Problem = Among the entries below, find the line with "n load cs).sysmem)", then quote it and each following line up to and including the line with "All-insert c (d", and nothing else.

Provided data =
= = = =

-- ===== src/Admission/Evicted.antt =====
-- src/node_state/mod.rs, `pick_victims_from_accounting`: which instances are evicted, in terms of the
-- instances, their memory and the limits.
use llamesh.Prelude.{
  ℕ, zero, suc, ◌+◌, ◌-◌, ◌≤◌, ◌<◌, ◌≡◌, ◌⊎◌, ◌↔◌, refl, ◌∙◌, inl, inr, min, true, ◌&&◌, Option,
  none, some, List, [], ◌∷◌, String, arith, length, All, count_by, leb, eqb, if_both, Bool-cases,
}
use llamesh.Prelude.Word.{u64_max}
use llamesh.Prelude.Eq.{string_key, ◌==◌}
use llamesh.Prelude.Dict.{Dict, lookup}
use llamesh.Admission.Sort.{Candidate, IsSorted, insert_by_key, sort_by_key}
use llamesh.Admission.Account.{Instance, ResourceAccounting}
use llamesh.Admission.{
  Limits, Load, max_instances_node, insufficient_resources, Result, ok, err, memory_fits, fits,
  credit, idle_candidates, current_load, candidates, pick_victims, memory_of,
}
use llamesh.Admission.Victims.{freed, first_ids, Outcome, candidates_lem, pick_victims-Picks}

-- The memory of the first so many candidates.
abbrev pub sum_of : (Candidate → ℕ) → ℕ → List Candidate → ℕ
sum_of size zero cs = 0
sum_of size (suc n) [] = 0
sum_of size (suc n) (c ∷ cs) = size c + sum_of size n cs

-- The load once they are gone.
abbrev pub left : ℕ → Load → List Candidate → Load
left n load cs = record {
  vram = load.vram - sum_of (λ c. c.vram) n cs;
  sysmem = load.sysmem - sum_of (λ c. c.sysmem) n cs;
  instances = load.instances - n;
}

-- The memory that is required fits the limits, and there is room for one more instance.
abbrev pub FitsMemory : Limits → ℕ × ℕ → Load → Type 0
FitsMemory limits required load =
    (min (load.vram + required.0) u64_max ≤ limits.max_vram_mb)
    × (min (load.sysmem + required.1) u64_max ≤ limits.max_sysmem_mb)

abbrev pub Fits : Limits → ℕ × ℕ → Load → Type 0
Fits limits required load =
    FitsMemory limits required load × (load.instances < limits.max_instances_per_node)

-- A candidate is credited with the memory of its instance in the account.
abbrev pub IsCredited : Dict String (ℕ × ℕ) → Candidate → Type 0
unfolding lookup
IsCredited memory c =
    (lookup c.id memory ≡ some (c.vram, c.sysmem))
    ⊎ ((lookup c.id memory ≡ none) × (c.vram ≡ 0) × (c.sysmem ≡ 0))

-- The idle instances, least recently used first, each with its memory: every id occurs with every
-- time of last activity as often as among the instances without a request in flight.
pub record IsQueue (accounting : ResourceAccounting) (instances : List Instance)
    (cs : List Candidate) : Type 0 where
  pub sorted : IsSorted cs
  pub idle :
      (id : String) (t : ℕ)
      → count_by (λ c. c.id == id && eqb c.last_activity t) cs
        ≡ count_by
            (λ i. (i.id == id && eqb i.last_activity t) && eqb i.in_flight_requests 0)
            instances
  pub credited : All (IsCredited accounting.instance_memory) cs

freed-left :
    (n : ℕ) (load : Load) (cs : List Candidate)
    → n ≤ length cs
    → ((freed n load cs).vram ≡ (left n load cs).vram)
      × ((freed n load cs).sysmem ≡ (left n load cs).sysmem)
      × ((freed n load cs).instances ≡ (left n load cs).instances)
freed-left zero load cs h = (omega arith, omega arith, omega arith)
freed-left (suc n) load [] h = absurd (omega arith)
freed-left (suc n) load (c ∷ cs) h =
    let rest = freed-left n (credit load c) cs (omega arith) in
    (omega (arith, rest.0), omega (arith, rest.1), omega (arith, rest.2))

fits_iff :
    (limits : Limits) (required : ℕ × ℕ) (load : Load)
    → (fits limits required load ≡ true) ↔ Fits limits required load
unfolding fits
fits_iff limits required load = ground arith

memory_iff :
    (limits : Limits) (required : ℕ × ℕ) (load : Load)
    → (memory_fits limits required load ≡ true) ↔ FitsMemory limits required load
memory_iff limits required load = ground arith

module _ (P : Candidate → Type 0) where
  All-insert : (c : Candidate) (cs : List Candidate) → P c → All P cs → All P (insert_by_key c cs)
  unfolding insert_by_key
  All-insert c [] p a = (p, tt)
  All-insert c (d ∷ ds) p a =
      if_both (λ ds'. All P ds') (leb c.last_activity d.last_activity) _ _ (p, a)
        (a.0, All-insert c ds p a.1)

  All-sort : (cs : List Candidate) → All P cs → All P (sort_by_key cs)
  unfolding sort_by_key
  All-sort [] a = tt
  All-sort (c ∷ cs) a = All-insert c (sort_by_key cs) a.0 (All-sort cs a.1)

credit-IsCredited :
    (memory : Dict String (ℕ × ℕ)) (id : String) (t : ℕ) (o : Option (ℕ × ℕ))
    → lookup id memory ≡ o
    → IsCredited memory
        (record { id = id; last_activity = t; vram = (memory_of o).0; sysmem = (memory_of o).1 })
unfolding IsCredited
credit-IsCredited memory id t none e = inr (e, refl, refl)
credit-IsCredited memory id t (some m) e = inl e

idle_candidates-IsCredited :
    (memory : Dict String (ℕ × ℕ)) (instances : List Instance)
    → All (IsCredited memory) (idle_candidates memory instances)
unfolding idle_candidates
idle_candidates-IsCredited memory [] = tt
idle_candidates-IsCredited memory (i ∷ instances) =
    let rest = idle_candidates-IsCredited memory instances in
    if_both (λ cs. All (IsCredited memory) cs) (eqb i.in_flight_requests 0) _ _
      (credit-IsCredited memory i.id i.last_activity (lookup i.id memory) refl, rest) rest

module _ (limits : Limits) (required : ℕ × ℕ) (load : Load) (cs : List Candidate) where
  Fits-left :
      (n : ℕ)
      → n ≤ length cs
      → (fits limits required (freed n load cs) ≡ true) ↔ Fits limits required (left n load cs)
  Fits-left n h = ground (arith, fits_iff limits required (freed n load cs), freed-left n load cs h)

  FitsMemory-left :
      (memory_fits limits required (freed (length cs) load cs) ≡ true)
      ↔ FitsMemory limits required (left (length cs) load cs)
  FitsMemory-left = ground (
    arith,
    memory_iff limits required (freed (length cs) load cs),
    freed-left (length cs) load cs (omega arith),
  )

  -- The victims are the first of the queue, enough of them, and with fewer the spawn does not fit;
  -- or it does not fit with any number of them gone, and the error says whether the memory would with
  -- all of them gone.
  abbrev pub Evicts : Result (List String) → Type 0
  Evicts (ok victims) =
      (n : ℕ) × (n ≤ length cs)
      × (victims ≡ first_ids n cs)
      × Fits limits required (left n load cs)
      × ((m : ℕ) → m < n → ¬ Fits limits required (left m load cs))
  Evicts (err e) =
      ((m : ℕ) → m ≤ length cs → ¬ Fits limits required (left m load cs))
      × (((e ≡ max_instances_node) × FitsMemory limits required (left (length cs) load cs))
          ⊎ ((e ≡ insufficient_resources)
              × (¬ FitsMemory limits required (left (length cs) load cs))))

  Outcome-Evicts : (r : Result (List String)) → Outcome limits required load cs r → Evicts r
  Outcome-Evicts (ok victims) p = (
    p.number,
    p.at_most,
    p.first,
    (Fits-left p.number p.at_most).0 p.enough,
    λ m h f. ground (arith, p.needed m h, (Fits-left m (omega (arith, p.at_most))).1 f),
  )
  Outcome-Evicts (err e) p = (
    λ m h f. ground (arith, p.none_fits m h, (Fits-left m h).1 f),
    elim (Bool-cases (memory_fits limits required (freed (length cs) load cs))) [
      | inl room ↦ inl (p.reason ∙ rw room refl, FitsMemory-left.0 room)
      | inr short ↦ inr (p.reason ∙ rw short refl, λ f. ground (arith, FitsMemory-left.1 f, short))
    ],
  )

-- The victims are the least recently used of the instances without a request in flight: the shortest
-- run of them, in that order, after which the spawn fits the limits of memory and of instances, each
-- credited with its memory in the account; none, if it fits already. It fails only where evicting all
-- of them would not do, with `max_instances_node` exactly where the memory alone would then fit.
pub pick_victims-Outcome :
    (limits : Limits) (accounting : ResourceAccounting) (instances : List Instance)
    (required : ℕ × ℕ)
    → (cs : List Candidate) × IsQueue accounting instances cs
      × Evicts limits required
          (current_load accounting instances)
          cs
          (pick_victims limits accounting instances required)
pick_victims-Outcome limits accounting instances required =
    let cs = candidates accounting instances in
    (
      cs,
      record {
        sorted = (candidates_lem accounting instances "" 0).0;
        idle = λ id t. (candidates_lem accounting instances id t).1;
        credited =
            All-sort (IsCredited accounting.instance_memory) _
              (idle_candidates-IsCredited accounting.instance_memory instances);
      },
      Outcome-Evicts limits required (current_load accounting instances) cs
          (pick_victims limits accounting instances required)
          (pick_victims-Picks limits required accounting instances),
    )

= = = =

Solution for this problem =
      × ((freed n load cs).sysmem ≡ (left n load cs).sysmem)
      × ((freed n load cs).instances ≡ (left n load cs).instances)
freed-left zero load cs h = (omega arith, omega arith, omega arith)
freed-left (suc n) load [] h = absurd (omega arith)
freed-left (suc n) load (c ∷ cs) h =
    let rest = freed-left n (credit load c) cs (omega arith) in
    (omega (arith, rest.0), omega (arith, rest.1), omega (arith, rest.2))

fits_iff :
    (limits : Limits) (required : ℕ × ℕ) (load : Load)
    → (fits limits required load ≡ true) ↔ Fits limits required load
unfolding fits
fits_iff limits required load = ground arith

memory_iff :
    (limits : Limits) (required : ℕ × ℕ) (load : Load)
    → (memory_fits limits required load ≡ true) ↔ FitsMemory limits required load
memory_iff limits required load = ground arith

module _ (P : Candidate → Type 0) where
  All-insert : (c : Candidate) (cs : List Candidate) → P c → All P cs → All P (insert_by_key c cs)
  unfolding insert_by_key
  All-insert c [] p a = (p, tt)
  All-insert c (d ∷ ds) p a =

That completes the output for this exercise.